§ **DIRECTIONS**
For the records that follow, please set down exactly the lines between the one holding "install_source_routes-Shows c node" and the one holding "ap (λ x. x.1.ipv4_routing_table)", inclusive, and only those.
══ EXERCISE MATERIAL
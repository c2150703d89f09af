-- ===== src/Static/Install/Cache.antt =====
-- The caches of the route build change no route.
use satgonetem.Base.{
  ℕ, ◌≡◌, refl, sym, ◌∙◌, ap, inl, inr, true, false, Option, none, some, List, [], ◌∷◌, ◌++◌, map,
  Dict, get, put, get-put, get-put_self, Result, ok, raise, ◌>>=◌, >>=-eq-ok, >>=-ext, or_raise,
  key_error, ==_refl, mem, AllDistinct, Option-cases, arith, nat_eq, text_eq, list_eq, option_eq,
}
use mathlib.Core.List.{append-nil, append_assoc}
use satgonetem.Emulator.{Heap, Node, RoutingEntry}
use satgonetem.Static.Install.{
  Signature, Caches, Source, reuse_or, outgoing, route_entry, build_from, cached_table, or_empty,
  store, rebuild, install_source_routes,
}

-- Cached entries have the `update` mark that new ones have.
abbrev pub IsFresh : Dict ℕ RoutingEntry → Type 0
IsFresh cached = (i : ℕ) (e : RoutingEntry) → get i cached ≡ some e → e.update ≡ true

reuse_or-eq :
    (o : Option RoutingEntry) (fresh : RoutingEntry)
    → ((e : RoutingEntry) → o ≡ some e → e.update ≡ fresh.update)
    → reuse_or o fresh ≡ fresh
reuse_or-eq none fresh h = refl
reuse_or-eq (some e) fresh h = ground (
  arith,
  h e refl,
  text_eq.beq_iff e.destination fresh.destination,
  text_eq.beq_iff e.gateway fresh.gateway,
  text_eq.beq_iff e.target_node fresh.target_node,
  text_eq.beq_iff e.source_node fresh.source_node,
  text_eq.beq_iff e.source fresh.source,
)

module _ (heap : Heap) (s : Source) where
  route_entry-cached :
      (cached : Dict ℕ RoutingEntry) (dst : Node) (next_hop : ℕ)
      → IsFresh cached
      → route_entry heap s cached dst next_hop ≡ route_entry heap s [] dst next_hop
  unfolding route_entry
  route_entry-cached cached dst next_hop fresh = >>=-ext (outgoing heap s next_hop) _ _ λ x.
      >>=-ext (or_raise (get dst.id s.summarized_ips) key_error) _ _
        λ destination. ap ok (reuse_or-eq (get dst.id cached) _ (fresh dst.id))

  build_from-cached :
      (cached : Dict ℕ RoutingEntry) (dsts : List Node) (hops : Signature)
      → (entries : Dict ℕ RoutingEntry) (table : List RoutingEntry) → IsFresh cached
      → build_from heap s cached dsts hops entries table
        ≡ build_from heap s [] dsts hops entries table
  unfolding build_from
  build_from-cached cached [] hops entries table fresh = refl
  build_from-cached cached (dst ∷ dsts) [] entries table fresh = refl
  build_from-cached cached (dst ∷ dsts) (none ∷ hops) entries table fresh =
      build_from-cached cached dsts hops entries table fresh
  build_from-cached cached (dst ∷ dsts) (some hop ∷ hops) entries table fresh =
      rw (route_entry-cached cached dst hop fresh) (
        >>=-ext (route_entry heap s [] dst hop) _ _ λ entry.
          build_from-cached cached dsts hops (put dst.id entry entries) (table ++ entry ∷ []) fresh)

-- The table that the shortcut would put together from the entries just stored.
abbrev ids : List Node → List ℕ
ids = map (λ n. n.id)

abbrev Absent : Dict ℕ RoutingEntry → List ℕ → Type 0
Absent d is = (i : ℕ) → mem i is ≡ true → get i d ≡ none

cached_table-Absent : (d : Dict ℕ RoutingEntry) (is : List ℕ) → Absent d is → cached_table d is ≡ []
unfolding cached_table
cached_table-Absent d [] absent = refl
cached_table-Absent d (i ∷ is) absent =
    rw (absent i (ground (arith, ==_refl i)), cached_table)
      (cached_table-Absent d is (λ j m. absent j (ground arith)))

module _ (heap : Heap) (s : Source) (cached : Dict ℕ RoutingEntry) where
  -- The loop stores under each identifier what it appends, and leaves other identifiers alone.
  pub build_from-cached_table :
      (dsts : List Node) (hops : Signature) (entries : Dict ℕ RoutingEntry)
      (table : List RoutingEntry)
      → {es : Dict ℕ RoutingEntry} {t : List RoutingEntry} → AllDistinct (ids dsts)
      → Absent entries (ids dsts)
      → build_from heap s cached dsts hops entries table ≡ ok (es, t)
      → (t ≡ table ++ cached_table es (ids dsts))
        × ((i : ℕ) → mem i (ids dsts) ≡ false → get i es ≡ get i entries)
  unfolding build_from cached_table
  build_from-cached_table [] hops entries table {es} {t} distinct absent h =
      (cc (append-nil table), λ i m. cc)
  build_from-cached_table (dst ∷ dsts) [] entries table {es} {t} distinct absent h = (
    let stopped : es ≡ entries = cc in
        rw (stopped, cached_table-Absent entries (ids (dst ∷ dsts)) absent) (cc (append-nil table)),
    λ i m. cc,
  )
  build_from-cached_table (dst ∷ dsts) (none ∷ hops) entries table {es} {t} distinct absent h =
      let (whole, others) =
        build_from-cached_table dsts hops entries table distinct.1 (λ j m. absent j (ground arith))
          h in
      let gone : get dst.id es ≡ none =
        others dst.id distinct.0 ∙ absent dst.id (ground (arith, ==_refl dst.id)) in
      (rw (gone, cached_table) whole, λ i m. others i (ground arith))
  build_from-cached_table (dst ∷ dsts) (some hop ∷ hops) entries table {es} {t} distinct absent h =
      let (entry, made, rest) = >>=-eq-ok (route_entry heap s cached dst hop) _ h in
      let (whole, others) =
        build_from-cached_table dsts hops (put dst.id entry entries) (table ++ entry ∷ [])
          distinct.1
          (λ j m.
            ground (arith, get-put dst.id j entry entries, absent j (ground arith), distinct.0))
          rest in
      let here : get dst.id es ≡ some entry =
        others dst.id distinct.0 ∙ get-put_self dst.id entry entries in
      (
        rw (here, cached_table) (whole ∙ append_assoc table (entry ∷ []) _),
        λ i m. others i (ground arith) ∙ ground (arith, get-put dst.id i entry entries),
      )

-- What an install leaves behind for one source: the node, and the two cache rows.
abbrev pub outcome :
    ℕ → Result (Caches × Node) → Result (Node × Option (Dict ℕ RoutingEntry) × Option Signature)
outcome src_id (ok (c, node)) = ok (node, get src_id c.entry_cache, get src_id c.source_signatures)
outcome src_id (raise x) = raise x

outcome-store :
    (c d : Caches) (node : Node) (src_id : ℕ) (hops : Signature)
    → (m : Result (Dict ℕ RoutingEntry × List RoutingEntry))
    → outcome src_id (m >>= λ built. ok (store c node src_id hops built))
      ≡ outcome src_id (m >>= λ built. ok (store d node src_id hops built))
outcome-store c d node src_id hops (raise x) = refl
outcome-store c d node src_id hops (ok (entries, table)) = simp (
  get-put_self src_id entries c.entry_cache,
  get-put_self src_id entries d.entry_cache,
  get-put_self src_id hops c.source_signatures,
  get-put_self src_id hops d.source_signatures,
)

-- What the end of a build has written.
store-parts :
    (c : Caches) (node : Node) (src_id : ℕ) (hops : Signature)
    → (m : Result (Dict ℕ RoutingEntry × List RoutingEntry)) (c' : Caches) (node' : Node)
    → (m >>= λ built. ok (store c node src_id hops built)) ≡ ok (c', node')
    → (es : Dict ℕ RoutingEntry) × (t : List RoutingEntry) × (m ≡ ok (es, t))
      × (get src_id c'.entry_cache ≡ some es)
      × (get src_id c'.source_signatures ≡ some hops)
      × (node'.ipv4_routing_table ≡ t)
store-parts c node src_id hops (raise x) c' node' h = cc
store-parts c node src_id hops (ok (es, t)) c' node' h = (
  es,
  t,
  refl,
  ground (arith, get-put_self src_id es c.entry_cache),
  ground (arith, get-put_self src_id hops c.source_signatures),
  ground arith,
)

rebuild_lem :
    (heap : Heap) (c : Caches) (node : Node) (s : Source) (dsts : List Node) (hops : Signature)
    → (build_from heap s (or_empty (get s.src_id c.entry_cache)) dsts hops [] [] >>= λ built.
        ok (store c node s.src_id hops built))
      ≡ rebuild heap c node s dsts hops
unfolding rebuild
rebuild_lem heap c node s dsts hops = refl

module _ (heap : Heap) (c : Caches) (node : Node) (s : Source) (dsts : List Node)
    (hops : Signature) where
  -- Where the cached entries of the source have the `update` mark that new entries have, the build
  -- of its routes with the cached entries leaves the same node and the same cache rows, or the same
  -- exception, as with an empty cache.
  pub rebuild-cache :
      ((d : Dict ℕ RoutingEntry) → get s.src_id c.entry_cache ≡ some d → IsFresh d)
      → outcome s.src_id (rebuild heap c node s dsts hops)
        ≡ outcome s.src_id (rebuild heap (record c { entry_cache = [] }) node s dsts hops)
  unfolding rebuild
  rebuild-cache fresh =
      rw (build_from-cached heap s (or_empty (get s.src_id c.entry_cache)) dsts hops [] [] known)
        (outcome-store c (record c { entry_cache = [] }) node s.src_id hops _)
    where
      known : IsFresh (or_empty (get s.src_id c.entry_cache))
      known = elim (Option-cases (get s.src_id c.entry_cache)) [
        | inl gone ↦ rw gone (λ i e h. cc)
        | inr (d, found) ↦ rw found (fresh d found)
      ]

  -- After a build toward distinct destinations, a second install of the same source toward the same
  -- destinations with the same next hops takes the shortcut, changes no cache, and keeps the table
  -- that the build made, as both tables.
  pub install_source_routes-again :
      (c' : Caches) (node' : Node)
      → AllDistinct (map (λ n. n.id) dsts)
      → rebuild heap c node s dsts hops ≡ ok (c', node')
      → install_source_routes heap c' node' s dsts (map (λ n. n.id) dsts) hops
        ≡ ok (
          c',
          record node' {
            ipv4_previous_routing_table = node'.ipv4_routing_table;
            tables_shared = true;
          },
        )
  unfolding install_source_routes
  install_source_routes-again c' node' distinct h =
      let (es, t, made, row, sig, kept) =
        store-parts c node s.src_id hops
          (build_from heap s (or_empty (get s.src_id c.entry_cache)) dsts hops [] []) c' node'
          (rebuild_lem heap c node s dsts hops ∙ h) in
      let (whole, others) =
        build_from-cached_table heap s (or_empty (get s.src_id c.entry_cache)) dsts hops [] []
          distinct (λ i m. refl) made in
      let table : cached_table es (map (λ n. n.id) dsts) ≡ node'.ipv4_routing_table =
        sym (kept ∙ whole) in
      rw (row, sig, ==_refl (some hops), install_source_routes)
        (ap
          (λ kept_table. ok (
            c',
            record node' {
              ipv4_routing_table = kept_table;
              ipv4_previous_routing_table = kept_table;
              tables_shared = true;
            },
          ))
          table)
════
══ EXERCISE MATERIAL
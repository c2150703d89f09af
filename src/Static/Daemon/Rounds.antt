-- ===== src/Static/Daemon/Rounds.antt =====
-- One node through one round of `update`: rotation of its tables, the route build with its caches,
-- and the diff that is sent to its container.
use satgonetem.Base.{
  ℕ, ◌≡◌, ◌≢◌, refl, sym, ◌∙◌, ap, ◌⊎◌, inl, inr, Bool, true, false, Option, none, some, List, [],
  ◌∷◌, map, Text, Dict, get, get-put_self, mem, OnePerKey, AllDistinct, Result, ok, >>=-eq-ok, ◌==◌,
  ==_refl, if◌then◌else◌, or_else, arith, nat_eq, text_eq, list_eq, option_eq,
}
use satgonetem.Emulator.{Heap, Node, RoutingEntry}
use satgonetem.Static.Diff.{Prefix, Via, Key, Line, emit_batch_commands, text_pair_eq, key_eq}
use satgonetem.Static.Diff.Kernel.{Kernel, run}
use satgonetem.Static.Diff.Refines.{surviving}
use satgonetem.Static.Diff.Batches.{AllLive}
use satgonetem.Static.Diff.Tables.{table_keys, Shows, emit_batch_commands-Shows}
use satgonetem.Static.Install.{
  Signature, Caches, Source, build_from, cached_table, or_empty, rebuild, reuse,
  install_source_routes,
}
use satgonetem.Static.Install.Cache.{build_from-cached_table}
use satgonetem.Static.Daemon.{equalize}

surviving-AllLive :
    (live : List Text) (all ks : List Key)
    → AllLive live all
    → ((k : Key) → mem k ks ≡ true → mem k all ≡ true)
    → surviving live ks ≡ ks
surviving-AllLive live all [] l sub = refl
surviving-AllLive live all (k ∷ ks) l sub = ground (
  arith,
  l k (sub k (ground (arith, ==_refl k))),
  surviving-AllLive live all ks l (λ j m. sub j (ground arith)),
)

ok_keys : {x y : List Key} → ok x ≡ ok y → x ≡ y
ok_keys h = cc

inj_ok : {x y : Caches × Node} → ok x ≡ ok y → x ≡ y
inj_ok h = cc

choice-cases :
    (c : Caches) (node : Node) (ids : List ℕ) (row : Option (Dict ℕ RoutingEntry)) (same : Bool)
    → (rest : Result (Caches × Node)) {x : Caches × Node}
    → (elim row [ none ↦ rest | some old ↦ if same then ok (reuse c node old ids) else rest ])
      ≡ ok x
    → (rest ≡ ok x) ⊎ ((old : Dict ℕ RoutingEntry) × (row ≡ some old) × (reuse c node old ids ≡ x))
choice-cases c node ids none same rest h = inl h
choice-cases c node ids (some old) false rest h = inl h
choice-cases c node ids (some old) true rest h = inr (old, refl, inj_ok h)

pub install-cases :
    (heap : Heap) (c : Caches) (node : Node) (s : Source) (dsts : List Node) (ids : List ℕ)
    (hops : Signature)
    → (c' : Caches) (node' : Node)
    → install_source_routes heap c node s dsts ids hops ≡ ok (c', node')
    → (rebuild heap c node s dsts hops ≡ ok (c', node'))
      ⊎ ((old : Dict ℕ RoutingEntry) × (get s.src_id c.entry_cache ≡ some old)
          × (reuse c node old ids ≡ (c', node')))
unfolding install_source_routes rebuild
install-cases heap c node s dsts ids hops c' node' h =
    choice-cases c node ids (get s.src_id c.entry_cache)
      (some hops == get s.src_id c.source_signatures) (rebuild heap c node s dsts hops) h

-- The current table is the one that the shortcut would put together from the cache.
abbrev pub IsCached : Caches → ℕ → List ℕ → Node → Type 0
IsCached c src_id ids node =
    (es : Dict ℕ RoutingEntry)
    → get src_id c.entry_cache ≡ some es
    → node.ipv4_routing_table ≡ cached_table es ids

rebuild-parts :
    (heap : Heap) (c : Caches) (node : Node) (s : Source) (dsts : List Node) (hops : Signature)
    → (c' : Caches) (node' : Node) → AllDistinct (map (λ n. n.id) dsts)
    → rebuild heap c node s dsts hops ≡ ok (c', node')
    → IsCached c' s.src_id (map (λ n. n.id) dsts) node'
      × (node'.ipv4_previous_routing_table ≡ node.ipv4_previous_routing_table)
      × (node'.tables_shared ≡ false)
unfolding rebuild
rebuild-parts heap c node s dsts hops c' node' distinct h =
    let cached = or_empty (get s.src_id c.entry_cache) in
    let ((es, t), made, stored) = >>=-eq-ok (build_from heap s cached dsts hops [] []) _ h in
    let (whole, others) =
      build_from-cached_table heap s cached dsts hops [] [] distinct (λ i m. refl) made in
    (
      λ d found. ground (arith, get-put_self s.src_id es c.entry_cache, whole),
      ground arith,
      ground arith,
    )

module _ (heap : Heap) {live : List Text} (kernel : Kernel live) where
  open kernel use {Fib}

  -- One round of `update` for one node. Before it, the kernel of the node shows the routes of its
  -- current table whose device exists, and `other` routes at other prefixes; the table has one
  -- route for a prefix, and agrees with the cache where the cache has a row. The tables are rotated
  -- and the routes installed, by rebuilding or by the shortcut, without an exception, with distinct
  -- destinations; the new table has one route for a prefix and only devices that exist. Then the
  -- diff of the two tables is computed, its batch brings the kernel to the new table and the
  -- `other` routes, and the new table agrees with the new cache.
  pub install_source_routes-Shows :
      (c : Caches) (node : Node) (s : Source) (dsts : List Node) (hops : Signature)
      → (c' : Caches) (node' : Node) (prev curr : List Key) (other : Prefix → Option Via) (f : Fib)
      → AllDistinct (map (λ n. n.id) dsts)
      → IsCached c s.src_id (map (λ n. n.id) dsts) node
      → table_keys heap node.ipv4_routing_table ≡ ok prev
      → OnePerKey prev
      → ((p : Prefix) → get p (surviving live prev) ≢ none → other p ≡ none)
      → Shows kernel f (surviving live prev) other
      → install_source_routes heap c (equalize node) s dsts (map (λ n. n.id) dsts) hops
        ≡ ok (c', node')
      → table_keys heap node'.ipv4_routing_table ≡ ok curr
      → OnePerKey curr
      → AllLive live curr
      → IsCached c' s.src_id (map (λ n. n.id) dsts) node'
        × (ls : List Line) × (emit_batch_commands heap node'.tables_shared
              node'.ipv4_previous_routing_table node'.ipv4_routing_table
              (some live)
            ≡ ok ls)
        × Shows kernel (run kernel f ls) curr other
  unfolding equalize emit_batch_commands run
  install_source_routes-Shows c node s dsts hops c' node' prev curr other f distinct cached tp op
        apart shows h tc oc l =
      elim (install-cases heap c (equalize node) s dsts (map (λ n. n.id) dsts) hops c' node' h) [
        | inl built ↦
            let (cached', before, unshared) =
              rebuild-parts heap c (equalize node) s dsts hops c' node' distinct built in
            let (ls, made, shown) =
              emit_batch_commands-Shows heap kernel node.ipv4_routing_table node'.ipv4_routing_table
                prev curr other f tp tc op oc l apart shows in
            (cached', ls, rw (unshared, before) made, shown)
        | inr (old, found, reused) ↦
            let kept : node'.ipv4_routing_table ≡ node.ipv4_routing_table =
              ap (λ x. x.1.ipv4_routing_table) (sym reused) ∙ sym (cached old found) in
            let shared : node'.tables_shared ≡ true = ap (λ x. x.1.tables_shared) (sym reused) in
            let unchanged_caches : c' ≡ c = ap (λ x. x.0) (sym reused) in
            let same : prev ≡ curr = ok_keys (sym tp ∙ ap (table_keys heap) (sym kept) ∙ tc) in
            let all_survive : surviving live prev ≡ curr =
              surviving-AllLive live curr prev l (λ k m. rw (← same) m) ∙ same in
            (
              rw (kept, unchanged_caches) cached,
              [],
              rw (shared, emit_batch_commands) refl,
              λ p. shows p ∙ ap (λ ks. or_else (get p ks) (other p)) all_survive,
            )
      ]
════
§ **SOLUTION TO THE EXERCISE**
  install_source_routes-Shows c node s dsts hops c' node' prev curr other f distinct cached tp op
        apart shows h tc oc l =
      elim (install-cases heap c (equalize node) s dsts (map (λ n. n.id) dsts) hops c' node' h) [
        | inl built ↦
            let (cached', before, unshared) =
              rebuild-parts heap c (equalize node) s dsts hops c' node' distinct built in
            let (ls, made, shown) =
              emit_batch_commands-Shows heap kernel node.ipv4_routing_table node'.ipv4_routing_table
                prev curr other f tp tc op oc l apart shows in
            (cached', ls, rw (unshared, before) made, shown)
        | inr (old, found, reused) ↦
            let kept : node'.ipv4_routing_table ≡ node.ipv4_routing_table =
              ap (λ x. x.1.ipv4_routing_table) (sym reused) ∙ sym (cached old found) in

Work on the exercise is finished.